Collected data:
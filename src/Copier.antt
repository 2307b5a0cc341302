-- ===== src/Copier.antt =====
-- aethereal/backup/copier.py: copy, three-way verification and finalization of one content object.
-- The proofs are in the children.
pub mod Reported
pub mod Crash
pub mod Safety
use pi_mobile_photobackup.Prelude.{
  ℕ, zero, suc, ◌+◌, Text, Bytes, Bool, true, false, not, ◌||◌, Option, none, some, List, [], ◌∷◌,
  ◌++◌, length, take, drop, ◌==◌, text_eq, if◌then◌else◌,
}
use pi_mobile_photobackup.Identity.{
  Sha256, ContentIdentity, Hashed, hashed, bad_chunk_size, out_of_fuel, hash_stream, is_empty,
}
use pi_mobile_photobackup.ObjectStore.{object_path, partial_path}
use pi_mobile_photobackup.Effects
use pi_mobile_photobackup.Effects.{
  Exec, pure, throw, gets, require, ◌>>=◌, ◌>>◌, os_error, file_not_found, value_error,
  session_path_conflict,
}
use pi_mobile_photobackup.Files
use pi_mobile_photobackup.Files.{unlink, inode, blob, exists}
use pi_mobile_photobackup.World.{
  World, SourceRead, missing, readable, fails_at, Environment, Action, on_files, open_source,
}
use pi_mobile_photobackup.Journal.{record_pending_finalize, mark_verified}

pub data CopyOutcome : Type 0 where
  verified source_unstable destination_mismatch failed : CopyOutcome

pub record CopyResult : Type 0 where
  pub outcome : CopyOutcome
  pub object_path : Text
  pub session_path : Text
  pub expected_sha256 : Text
  pub copy_stream_sha256 : Option Text
  pub destination_sha256 : Option Text
  pub bytes_written : ℕ
  pub attempts : ℕ

pub data AttemptResult : Type 0 where
  attempt_ok attempt_source_unstable attempt_destination_mismatch : AttemptResult

-- `result is _AttemptResult.OK`
abbrev pub is_ok : AttemptResult → Bool
is_ok attempt_ok = true
is_ok _ = false

-- The outcome after the last round.
unfoldable pub failed_outcome : AttemptResult → CopyOutcome
failed_outcome attempt_source_unstable = source_unstable
failed_outcome _ = destination_mismatch

-- The tuple that one attempt returns.
pub record Attempt : Type 0 where
  pub result : AttemptResult
  pub h2 : Text
  pub h3 : Option Text
  pub size : ℕ

-- The copy loop: what is left of the source, the size so far, what the digest was fed, what was
-- written.
unfoldable pub copy_loop : ℕ → ℕ → Bytes → ℕ → Bytes → Bytes → Option (ℕ × Bytes × Bytes)
copy_loop zero chunk_bytes source size fed out = none
copy_loop (suc fuel) chunk_bytes source size fed out =
    let chunk = take chunk_bytes source in
    let rest =
      copy_loop fuel chunk_bytes (drop chunk_bytes source) (size + length chunk) (fed ++ chunk)
        (out ++ chunk) in
    if is_empty chunk then some (size, fed, out) else rest

-- The `sha256` of `hash_stream`.
unfoldable pub digest_of : Hashed → Action Text
unfolding pure throw
digest_of (hashed c) = pure c.sha256
digest_of bad_chunk_size = throw value_error
digest_of out_of_fuel = throw Effects.out_of_fuel

-- `partial.open("xb")`: the inode of the new file.
unfoldable pub create_exclusive : Text → Action ℕ
unfolding pure throw gets
create_exclusive path = do
  taken ← gets (λ w. exists path w.files)
  if taken
      then throw os_error
      else do i ← gets (λ w. w.files.next_inode); on_files (Files.create path); pure i

-- `_link_into_session`; `os.link` looks for its source first.
link_at : ℕ → Text → Option ℕ → Action (Unit {0})
unfolding pure throw
link_at i session_path none = on_files (Files.link i session_path)
link_at i session_path (some j) =
    if j == i then pure tt else throw (session_path_conflict session_path)

unfoldable pub link_into_session : Text → Text → Action (Unit {0})
unfolding link_at gets require
link_into_session final session_path = do
  target ← gets (λ w. inode final w.files)
  i ← require file_not_found target
  taken ← gets (λ w. inode session_path w.files)
  link_at i session_path taken

unfoldable pub link_result : Text → Text → Text → CopyResult
link_result final sha256 session_path = record {
  outcome = verified;
  object_path = final;
  session_path = session_path;
  expected_sha256 = sha256;
  copy_stream_sha256 = none;
  destination_sha256 = none;
  bytes_written = 0;
  attempts = 0;
}

unfoldable pub link_verified_object : Text → Text → ContentIdentity → Text → Action CopyResult
unfolding link_result pure throw gets require
link_verified_object job_id root identity session_path = do
  final ← require value_error (object_path root identity.sha256)
  there ← gets (λ w. exists final w.files)
  if there
      then (do
        link_into_session final session_path
        mark_verified job_id identity final session_path
        pure (link_result final identity.sha256 session_path))
      else throw file_not_found

module _ (sha : Sha256) (env : Environment) (chunk_bytes : ℕ) where
  -- What the device holds of the bytes written.
  unfoldable pub write_partial : ℕ → Bytes → Action (Unit {0})
  unfolding gets
  write_partial i out = do n ← gets (λ w. w.written); on_files (Files.write i (env.lands n out))

  -- From H3 on.
  unfoldable pub verify_landed : Text → ContentIdentity → Text → ℕ → Action Attempt
  unfolding digest_of
  verify_landed partial expected h2 size = do
    name ← gets (λ w. inode partial w.files)
    i ← require file_not_found name
    content ← gets (λ w. blob i w.files)
    h3 ← digest_of (hash_stream sha content chunk_bytes)
    if text_eq h3 expected.sha256
        then pure (record { result = attempt_ok; h2 = h2; h3 = some h3; size = size })
        else do
          on_files (unlink partial)
          pure
              (record { result = attempt_destination_mismatch; h2 = h2; h3 = some h3; size = size })

  -- What the source delivered is in the partial file; H2 against H1.
  unfoldable pub copy_delivered : Text → ContentIdentity → SourceRead → Action Attempt
  unfolding create_exclusive write_partial verify_landed
  copy_delivered partial expected missing = throw file_not_found
  copy_delivered partial expected (fails_at delivered) = do
    i ← create_exclusive partial
    write_partial i delivered
    throw os_error
  copy_delivered partial expected (readable content) = do
    i ← create_exclusive partial
    (size, fed, out) ←
        require Effects.out_of_fuel (copy_loop (suc (length content)) chunk_bytes content 0 [] [])
    write_partial i out
    if not (size == expected.size_bytes) || not (text_eq (sha.hexdigest fed) expected.sha256)
        then (do
          on_files (unlink partial)
          pure (record {
            result = attempt_source_unstable;
            h2 = sha.hexdigest fed;
            h3 = none;
            size = size;
          }))
        else verify_landed partial expected (sha.hexdigest fed) size

  unfoldable pub copy_and_verify_once : Text → Text → ContentIdentity → Action Attempt
  unfolding copy_delivered
  copy_and_verify_once source_path partial expected = do
    on_files (unlink partial)
    source ← open_source env source_path
    copy_delivered partial expected source

  module _ (job_id source_path session_path : Text) (expected : ContentIdentity) where
    -- `os.replace(partial, final)`
    unfoldable pub rename : Text → Text → Action (Unit {0})
    unfolding gets require
    rename partial final = do
      name ← gets (λ w. inode partial w.files)
      i ← require file_not_found name
      on_files (Files.replace partial i final)

    unfoldable pub finalize : Text → Text → Attempt → ℕ → Action CopyResult
    unfolding rename link_into_session
    finalize partial final a attempts = do
      record_pending_finalize job_id expected partial final session_path
      rename partial final
      link_into_session final session_path
      mark_verified job_id expected final session_path
      pure (record {
        outcome = verified;
        object_path = final;
        session_path = session_path;
        expected_sha256 = expected.sha256;
        copy_stream_sha256 = some a.h2;
        destination_sha256 = a.h3;
        bytes_written = a.size;
        attempts = attempts;
      })

    -- The `for` loop, by the rounds left, and what follows it.
    unfoldable pub copy_rounds :
        ℕ → Text → Text → ℕ → AttemptResult → Option Text → Option Text → Action CopyResult
    unfolding finalize failed_outcome copy_and_verify_once
    copy_rounds zero partial final attempts last h2 h3 = do
      on_files (unlink partial)
      pure (record {
        outcome = failed_outcome last;
        object_path = final;
        session_path = session_path;
        expected_sha256 = expected.sha256;
        copy_stream_sha256 = h2;
        destination_sha256 = h3;
        bytes_written = 0;
        attempts = attempts;
      })
    copy_rounds (suc rounds) partial final attempts last h2 h3 = do
      a ← copy_and_verify_once source_path partial expected
      if is_ok a.result
          then finalize partial final a (suc attempts)
          else copy_rounds rounds partial final (suc attempts) a.result (some a.h2) a.h3

    unfoldable pub copy_verify_finalize : Text → ℕ → Action CopyResult
    unfolding copy_rounds link_verified_object
    copy_verify_finalize root retries = do
      final ← require value_error (object_path root expected.sha256)
      partial ← require value_error (partial_path root expected.sha256)
      there ← gets (λ w. exists final w.files)
      if there
          then link_verified_object job_id root expected session_path
          else copy_rounds (suc retries) partial final 0 attempt_source_unstable none none
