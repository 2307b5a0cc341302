-- ===== src/Identity/Streaming.antt =====
-- The chunked hash of identity.py and the hash of the whole content.
use mathlib.Core.List.{append-nil, append_assoc}
use pi_mobile_photobackup.Prelude.{
  ℕ, zero, suc, ◌+◌, ◌<◌, ◌≡◌, ap, ◌∙◌, Bytes, [], ◌∷◌, ◌++◌, arith, length, take, drop,
  length-append, length-drop, take-append-drop,
}
use pi_mobile_photobackup.Identity.{
  Sha256, hashed, hash_loop, hash_stream, content_identity_of_bytes,
}

module _ (sha : Sha256) where
  hash_loop_lem :
      (fuel chunk_bytes : ℕ) (reader : Bytes) (size : ℕ) (fed : Bytes)
      → length reader < fuel
      → hash_loop sha fuel (suc chunk_bytes) reader size fed
        ≡ hashed
            (record { size_bytes = size + length reader; sha256 = sha.hexdigest (fed ++ reader) })
  unfolding hash_loop
  hash_loop_lem zero n reader size fed h = absurd (omega arith)
  hash_loop_lem (suc fuel) n [] size fed h = rw append-nil (ground arith)
  hash_loop_lem (suc fuel) n (x ∷ xs) size fed h =
      hash_loop_lem fuel n (drop n xs) (size + suc (length (take n xs))) (fed ++ x ∷ take n xs)
        (omega (arith, length-drop n xs))
      ∙ ground
          (arith, whole, ap length (take-append-drop n xs), length-append (take n xs) (drop n xs))
    where
      whole : (fed ++ x ∷ take n xs) ++ drop n xs ≡ fed ++ x ∷ xs
      whole = rw append_assoc (rw (take-append-drop n xs))

  -- For every positive chunk size the loop ends, and returns the size and the digest of the whole
  -- content: the identity does not depend on how the content is cut into chunks.
  pub hash_stream_lem :
      (reader : Bytes) (chunk_bytes : ℕ)
      → 0 < chunk_bytes
      → hash_stream sha reader chunk_bytes ≡ hashed (content_identity_of_bytes sha reader)
  unfolding hash_stream content_identity_of_bytes
  hash_stream_lem reader zero h = absurd (omega arith)
  hash_stream_lem reader (suc n) h =
      rw (hash_loop_lem (suc (length reader)) n reader 0 [] (omega arith)) (ground arith)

What you should do: Restate word for word the lines of the data above, starting at the line containing "else copy_rounds rounds" and ending at the line containing "else copy_rounds (suc", both included, and nothing more.

Answer box:
          else copy_rounds rounds partial final (suc attempts) a.result (some a.h2) a.h3

    unfoldable pub copy_verify_finalize : Text → ℕ → Action CopyResult
    unfolding copy_rounds link_verified_object
    copy_verify_finalize root retries = do
      final ← require value_error (object_path root expected.sha256)
      partial ← require value_error (partial_path root expected.sha256)
      there ← gets (λ w. exists final w.files)
      if there
          then link_verified_object job_id root expected session_path
          else copy_rounds (suc retries) partial final 0 attempt_source_unstable none none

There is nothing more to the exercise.